Linux and a little rant

Allow me to start with the rant bit first. I took my first steps in the world of Linux around 1993, 1994. Back then, Linux was still pretty new and very few distributions existed. Debian just spawned into life. RedHat wouldn’t come to life until mid 1995. There were no big Internet forums or user communities. Most people using Linux were computer engineers that knew how to build a Linux system from scratch and didn’t take newbie kid questions all too well. N00b questions were typically quickly and swiftly dealt with by a grump “RTFM” and you were left to do a lot of reading and figuring it out yourself. None to hold your hand and do the hard work for you. Annoying at times, but when you did figure it out it gave you a real sense of accomplishment. This is how I learned my way around Linux.

Fast forward to today, and you have hundreds of distributions. Some are touted as ‘beginner distros’, others as ‘advanced distros’. Let me shoot that down immediately. There are only user-friendly distros and user-unfriendly distros. Some extremely user-unfriendly. Functionally, they can all to the same. There is not some magical advanced functionality in these so-called ‘advanced distros’ not available in the ‘beginner distros’. The only difference between the two is that the ‘beginner’ distros are as easy to initially set up and run as your typical Windows or MacOS install and don’t offer too many customization choices to confuse you and provide you with a default set of applications you may or may not use, to get you started, while the ‘advanced’ distros pretty much require you to be a masochist and think and decide about every step. Once they are up and running, they work pretty much the same and can do the same. There is literally nothing one of these ‘advanced’ distros can do you cannot also do on one of these ‘beginner’ distros.

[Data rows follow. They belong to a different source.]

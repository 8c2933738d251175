-- ===== src/Executor/PointInTime/Sort/Buffer.antt =====
-- src/executor/src/point_in_time/sort.rs: the buffer after `ingest`.
use incresql.Prelude.{
  ℕ, zero, suc, ◌+◌, ◌-◌, ◌^◌, ◌<◌, ◌≡◌, refl, sym, ap, ap₂, ◌∙◌, arith, true, false, some, List,
  [], ◌∷◌, ◌++◌, append_assoc, append-nil, map, length, All, ltb, leb, ltb-false, le→leb,
  length-append, take-append_left, drop-append_left,
}
use incresql.Data.Datum.{Externals, Datum}
use incresql.Data.TupleIter.{TupleIter, Row, Yields}
use incresql.Encoding.SortOrder.{asc}
use incresql.Encoding.Signed.{IsI64, write_varint_signed}
use incresql.Encoding.Signed.RoundTrip.{write_varint_signed-append}
use incresql.Encoding.Datums.{DecimalCodec}
use incresql.Encoding.Datums.RoundTrip.{IsStorable}
use incresql.Functions.{Functions}
use incresql.Ast.Expr.{SortExpression}
use incresql.Executor.PointInTime.Sort.{write_datums, as_u32, slice, checked_slice, ingest_loop}
use incresql.Executor.PointInTime.Sort.Order.{Zipped}
use incresql.Executor.PointInTime.Sort.Form.{
  Keyed, EvalTo, keys_form, datums_form, write_keys-form, write_datums-form,
}

-- The part of a buffer behind its first bytes.
slice_mid :
    (before mid after : List ℕ) (start end : ℕ)
    → start ≡ length before
    → end ≡ length before + length mid
    → checked_slice (before ++ (mid ++ after)) (start, end) ≡ some mid
slice_mid before mid after start end s e =
    let a = length-append before (mid ++ after) in
    let b = length-append mid after in
    let ordered : leb start end ≡ true = le→leb start end (omega arith) in
    let inside : leb end (length (before ++ (mid ++ after))) ≡ true = le→leb _ _ (omega arith) in
    rw
      (
        ordered,
        inside,
        drop-append_left start before (mid ++ after) (sym s),
        take-append_left (end - start) mid after (omega arith),
      )
      refl

pub checked_slice-slice :
    (buffer bytes : List ℕ) (range : ℕ × ℕ)
    → checked_slice buffer range ≡ some bytes
    → slice buffer range ≡ bytes
checked_slice-slice buffer bytes (start, end) h = ground arith

module _ {x : Externals} (fs : Functions x) (codec : DecimalCodec x) (source : TupleIter x)
    (exprs : List (SortExpression fs)) (column_count : ℕ) where
  unfoldable pub form : Keyed x → List ℕ
  form (row, keys) =
      keys_form fs codec exprs keys
      ++ (datums_form fs codec row.0 ++ write_varint_signed row.1 asc [])

  unfoldable pub forms : List (Keyed x) → List ℕ
  forms [] = []
  forms (k ∷ keyed) = form k ++ forms keyed

  -- The expressions have these values, all values fit their types (and none is a decimal), and the
  -- row is as wide as the source declares.
  abbrev pub IsSortable : Keyed x → Type 0
  IsSortable (row, keys) =
      EvalTo fs codec exprs row.0 keys
      × All IsStorable keys
      × All IsStorable row.0
      × IsI64 row.1
      × (length row.0 ≡ column_count)

  unfoldable pub ranges : ℕ → List (Keyed x) → List (ℕ × ℕ)
  ranges start [] = []
  ranges start (k ∷ keyed) =
      (start, start + length (form k)) ∷ ranges (start + length (form k)) keyed

  abbrev pub first_of : Keyed x → Row x
  first_of k = k.0

  write_record :
      (row : Row x) (keys : List (Datum x)) (buffer : List ℕ)
      → All IsStorable row.0
      → write_varint_signed row.1 asc
          (write_datums fs codec source exprs row.0 (buffer ++ keys_form fs codec exprs keys))
        ≡ buffer ++ form (row, keys)
  unfolding form
  write_record row keys buffer h =
      let k = keys_form fs codec exprs keys in
      let d = datums_form fs codec row.0 in
      let f = write_varint_signed row.1 asc [] in
      rw
        (
          write_datums-form fs codec source exprs row.0 (buffer ++ k) h,
          write_varint_signed-append row.1 asc ((buffer ++ k) ++ d),
          append_assoc (buffer ++ k) d f,
        )
        (append_assoc buffer k (d ++ f))

  range_of : (n : ℕ) → n < 2 ^ 32 → as_u32 n ≡ n
  range_of n h = omega arith

  pub ingest_loop-forms :
      (n : ℕ) (s : source.State) (keyed : List (Keyed x)) (buffer : List ℕ) (indexes : List (ℕ × ℕ))
      → length keyed < n
      → Yields source s (map first_of keyed)
      → All IsSortable keyed
      → length buffer + length (forms keyed) < 2 ^ 32
      → (s' : source.State) × (ingest_loop fs codec source exprs n s buffer indexes
          ≡ some (s', buffer ++ forms keyed, indexes ++ ranges (length buffer) keyed))
  unfolding Yields ingest_loop forms ranges form
  ingest_loop-forms zero s keyed buffer indexes l y v b = absurd (omega arith)
  ingest_loop-forms (suc n) s [] buffer indexes l (s', a, g) v b =
      (s', rw (a, g, append-nil buffer, append-nil indexes) refl)
  ingest_loop-forms (suc n) s ((row, keys) ∷ keyed) buffer indexes l (s', a, g, y)
        ((ev, hk, hr, hf, len), v) b =
      let body = form (row, keys) in
      let whole = length-append body (forms keyed) in
      let size = length-append buffer body in
      let fits : ltb (2 ^ 32 - 1) (length (buffer ++ body)) ≡ false = ltb-false _ _ (omega arith) in
      let range : ℕ × ℕ = (length buffer, length buffer + length body) in
      let (t, e) =
        ingest_loop-forms n s' keyed (buffer ++ body) (indexes ++ range ∷ []) (omega arith) y v
          (omega arith) in
      let later = ap (λ m. indexes ++ range ∷ ranges m keyed) size in
      (
        t,
        rw
            (
              a,
              g,
              write_keys-form fs codec source exprs exprs row.0 keys buffer ev hk,
              write_record row keys buffer hr,
              fits,
              range_of (length buffer) (omega arith),
              range_of (length (buffer ++ body)) (omega arith),
              size,
            )
            (e
              ∙ ap₂ (λ b i. some (t, b, i)) (append_assoc buffer body (forms keyed))
                  (append_assoc indexes (range ∷ []) (ranges (length (buffer ++ body)) keyed)
                    ∙ later)),
      )

  -- A range of the buffer that holds the form of a row.
  abbrev pub Holds : List ℕ → ℕ × ℕ → Keyed x → Type 0
  Holds buffer range k = checked_slice buffer range ≡ some (form k)

  pub ranges-Holds :
      (before : List ℕ) (keyed : List (Keyed x)) (start : ℕ)
      → start ≡ length before
      → Zipped (Holds (before ++ forms keyed)) (ranges start keyed) keyed
  unfolding forms ranges
  ranges-Holds before [] start h = tt
  ranges-Holds before (k ∷ keyed) start h =
      let size = length-append before (form k) in
      let rest = ranges-Holds (before ++ form k) keyed (start + length (form k)) (omega arith) in
      (
        slice_mid before (form k) (forms keyed) start (start + length (form k)) h
            (ap (λ n. n + length (form k)) h),
        rw (append_assoc before (form k) (forms keyed)) at rest,
      )
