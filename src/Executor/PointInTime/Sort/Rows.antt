-- ===== src/Executor/PointInTime/Sort/Rows.antt =====
-- src/executor/src/point_in_time/sort.rs: the rows of a sort.
use incresql.Prelude.{
  ℕ, ◌^◌, ◌<◌, ◌≡◌, refl, sym, ◌∙◌, arith, List, [], ◌∷◌, ◌++◌, append-nil, map, length, All,
  replicate, length-map, length-replicate,
}
use incresql.Prelude.Int.{ℤ, pos}
use incresql.Data.Datum.{Externals, Datum, null}
use incresql.Data.Datum.Stored.{stored}
use incresql.Data.TupleIter.{TupleIter, Row, Yields, Delivers, Delivers-Yields}
use incresql.Encoding.SortOrder.{asc}
use incresql.Encoding.Signed.{write_varint_signed}
use incresql.Encoding.Signed.RoundTrip.{read-write_varint_signed}
use incresql.Encoding.Datums.{DecimalCodec}
use incresql.Functions.{Functions}
use incresql.Ast.Expr.{SortExpression}
use incresql.Executor.PointInTime.Sort.{
  SortExecutor, done, serving, slice, ingest, serve, sort_advance, sort_get, sort_executor,
  new_sort,
}
use incresql.Executor.PointInTime.Sort.Order.{
  sort_by, sort_by-perm, sort_by-Ordered, sort_by-Zipped, Zipped, Ordered, KeyLe, BytesLe-BytesLt,
  All-sort_by,
}
use incresql.Executor.PointInTime.Sort.Form.{
  Keyed, KeysBefore, KeysBefore-BytesLt, datums_form, skip_keys-form, read_datums-form,
}
use mathlib.Core.List.{Perm}
use incresql.Executor.PointInTime.Sort.Buffer.{
  form, forms, IsSortable, ranges, checked_slice-slice, ingest_loop-forms, Holds, ranges-Holds,
}

module _ {x : Externals} (fs : Functions x) (codec : DecimalCodec x) (source : TupleIter x)
    (exprs : List (SortExpression fs)) (column_count : ℕ) where
  -- What is left of a row by its trip through the buffer.
  abbrev pub stored_row : Keyed x → Row x
  stored_row (row, keys) = (map stored row.0, row.1)

  abbrev at_range :
      source.State → List ℕ → List (ℕ × ℕ) → List (Datum x) → ℤ → SortExecutor fs codec source exprs
  at_range s buffer indexes tuple freq = record {
    source_state = s;
    sort_buffer = buffer;
    sort_indexes = indexes;
    state = serving;
    tuple_buffer = tuple;
    freq = freq;
  }

  serve-Delivers :
      (fuel : ℕ) (s : source.State) (buffer : List ℕ) (indexes : List (ℕ × ℕ))
      (keyed : List (Keyed x)) (tuple : List (Datum x)) (freq : ℤ)
      → length tuple ≡ column_count
      → Zipped (Holds fs codec source exprs column_count buffer) indexes keyed
      → All (IsSortable fs codec source exprs column_count) keyed
      → Delivers
          (sort_executor fs codec source exprs fuel)
          (serve fs codec source exprs (at_range s buffer indexes tuple freq) indexes)
          (map stored_row keyed)
  unfolding serve sort_advance sort_get form
  serve-Delivers fuel s buffer [] [] tuple freq l z v =
      let ended = record (at_range s buffer [] tuple freq) { sort_buffer = []; state = done } in
      (ended, refl, refl)
  serve-Delivers fuel s buffer [] (k ∷ keyed) tuple freq l z v = absurd z
  serve-Delivers fuel s buffer (r ∷ indexes) [] tuple freq l z v = absurd z
  serve-Delivers fuel s buffer (r ∷ indexes) ((row, keys) ∷ keyed) tuple freq l (h, z)
        ((ev, hk, hr, hf, len), v) =
      let data_part = datums_form fs codec row.0 in
      let freq_part = write_varint_signed row.1 asc [] in
      let back = rw (append-nil freq_part) at (read-write_varint_signed row.1 asc [] hf) in
      (
        at_range s buffer indexes (map stored row.0) row.1,
        rw
            (
              h,
              skip_keys-form fs codec source exprs exprs row.0 keys (data_part ++ freq_part) ev hk,
              read_datums-form fs codec source exprs row.0 tuple freq_part (l ∙ sym len) hr,
              back,
            )
            refl,
        refl,
        Delivers-Yields (sort_executor fs codec source exprs fuel) _ _ (
            serve-Delivers fuel s buffer indexes keyed (map stored row.0) row.1
              (length-map stored row.0 ∙ len) z v),
      )

  abbrev pub NotAfter : Keyed x → Keyed x → Type 0
  NotAfter a b = ¬ KeysBefore fs codec exprs b.1 a.1

  All-NotAfter :
      (a : Keyed x) (keyed : List (Keyed x))
      → (IsSortable fs codec source exprs column_count) a
      → All (IsSortable fs codec source exprs column_count) keyed
      → All (KeyLe (form fs codec source exprs column_count) a) keyed
      → All (NotAfter a) keyed
  unfolding form
  All-NotAfter a [] ha hs h = tt
  All-NotAfter a (b ∷ keyed) ha hs h = (
    λ k.
        BytesLe-BytesLt ((form fs codec source exprs column_count) a)
          ((form fs codec source exprs column_count) b) h.0
          (KeysBefore-BytesLt fs codec exprs b.1 a.1 _ _ hs.0.1 ha.1 k),
    All-NotAfter a keyed ha hs.1 h.1,
  )

  Ordered-NotAfter :
      (keyed : List (Keyed x))
      → All (IsSortable fs codec source exprs column_count) keyed
      → Ordered (KeyLe (form fs codec source exprs column_count)) keyed
      → Ordered NotAfter keyed
  Ordered-NotAfter [] h o = tt
  Ordered-NotAfter (a ∷ keyed) h o =
      (All-NotAfter a keyed h.0 h.1 o.0, Ordered-NotAfter keyed h.1 o.1)

  -- The executor delivers the rows of its source rearranged, and ends: no row comes after one whose
  -- sort keys are behind its own, where the first keys that differ decide by `cmp` if they have one
  -- type or the smaller is null, in descending order the other way round. The contents of every row
  -- and its frequency are kept (bytes on the heap). The expressions have values on all rows, the
  -- values and the columns of the rows fit their types and none is a decimal, a json path among
  -- them parses from its text, the bound of a call is above the number of rows, and the buffer
  -- stays below 4 GB.
  pub sort_executor-Yields :
      (fuel : ℕ) (s : source.State) (keyed : List (Keyed x))
      → length keyed < fuel
      → Yields source s (map (λ k. k.0) keyed)
      → All (IsSortable fs codec source exprs column_count) keyed
      → length (forms fs codec source exprs column_count keyed) < 2 ^ 32
      → (sorted : List (Keyed x)) × Perm sorted keyed
        × Ordered NotAfter sorted
        × Yields
            (sort_executor fs codec source exprs fuel)
            (new_sort fs codec source exprs s column_count)
            (map stored_row sorted)
  unfolding sort_advance ingest new_sort
  sort_executor-Yields fuel s keyed l y v b =
      let (s', e) =
        ingest_loop-forms fs codec source exprs column_count fuel s keyed [] [] l y v
          (omega arith) in
      let buffer = forms fs codec source exprs column_count keyed in
      let sorted = sort_by (form fs codec source exprs column_count) keyed in
      let placed =
        sort_by-Zipped (slice buffer) (form fs codec source exprs column_count)
          (Holds fs codec source exprs column_count buffer)
          (λ r k. checked_slice-slice buffer ((form fs codec source exprs column_count) k) r)
          (ranges fs codec source exprs column_count 0 keyed) keyed
          (ranges-Holds fs codec source exprs column_count [] keyed 0 refl) in
      let valid =
        All-sort_by (form fs codec source exprs column_count)
          (IsSortable fs codec source exprs column_count) keyed v in
      (
        sorted,
        sort_by-perm (form fs codec source exprs column_count) keyed,
        Ordered-NotAfter sorted valid
            (sort_by-Ordered (form fs codec source exprs column_count) keyed),
        Delivers-Yields (sort_executor fs codec source exprs fuel) _ _ (
            rw e (
              serve-Delivers fuel s' buffer
                (sort_by (slice buffer) (ranges fs codec source exprs column_count 0 keyed)) sorted
                (replicate column_count null) (pos 0) (length-replicate column_count null) placed
                valid)),
      )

This gets me to the users… Some of these ‘advanced’ distro users feel they are sooo smart. They consider everybody that uses a ‘beginner’ distro to be a n00b that should be pitied as they cannot begin to grasp the advancedness of their knowledge and their choice of distribution. This holds particularly true to a significant portion of the Arch Linux community. They think they are so smart for using a distribution that only installs a basic system and dumps you to the command-line so you can use their package manager to install the stuff you actually want on your system. Don’t get me wrong, it is a very valid philosophy that avoids cluttering up your disk with GB’s of stuff you’re never going to be looking at. But it is not advanced.

Back in the day, you had to download the sources for just about everything because if you wanted something that wasn’t installed by default, it probably didn’t have a binary available for your system. You’d have go through the documentation, find and fix all the dependencies yourself (often also by compiling and installing the right versions, in order) and then compile your application from source, hoping it actually would compile without errors you’d then have to debug and fix before trying again. And when it was finally installed, it probably didn’t work until you build your configuration files manually.

Telling a package manager which software you want to install only for the package manager to download it for you from a central repository, fix any dependencies automatically and install your selected package so it works is not anything advanced. It’s just manual work. It’s typing dumb commands on the command prompt. It does not make you some Linux Guru. It doesn’t even give you any usable extra knowledge. If you enjoy doing things that way, all the more power to you. But don’t be some cocky arrogant SOB that belittles others for not wanting to do that. It doesn’t make your install better, just leaner, it doesn’t make you smarter and behaving like that only makes you a prick.

There are a lot of people that have heard enough about Linux to be curious and wanting to try it, that are permanently put-off by the arrogance and belittlement of the Linux community. People should try to remember they too had to learn at some point and realize there are no stupid questions, only stupid answers. More competition means more and better choices for us as users, but for that to happen new users that are willing to learn something new should be encouraged, not belittled for being new and put down until they give up to never return.

If you want to try Linux, just do it. Pick a distro you like and stick with it. Don’t be fooled into believing the nonsense about beginner and advanced distributions, thinking at some point you need to upgrade to get a more advanced version. They can all be customized to look like whatever you want, they can all have the same functionality, there is not a single one that is better than the rest. There is only personal preference of the users using them. That’s not to say it cannot be fun to do some distro hopping to find the one that really suits you. Just as long as you remember its preference, not functionality that makes the difference.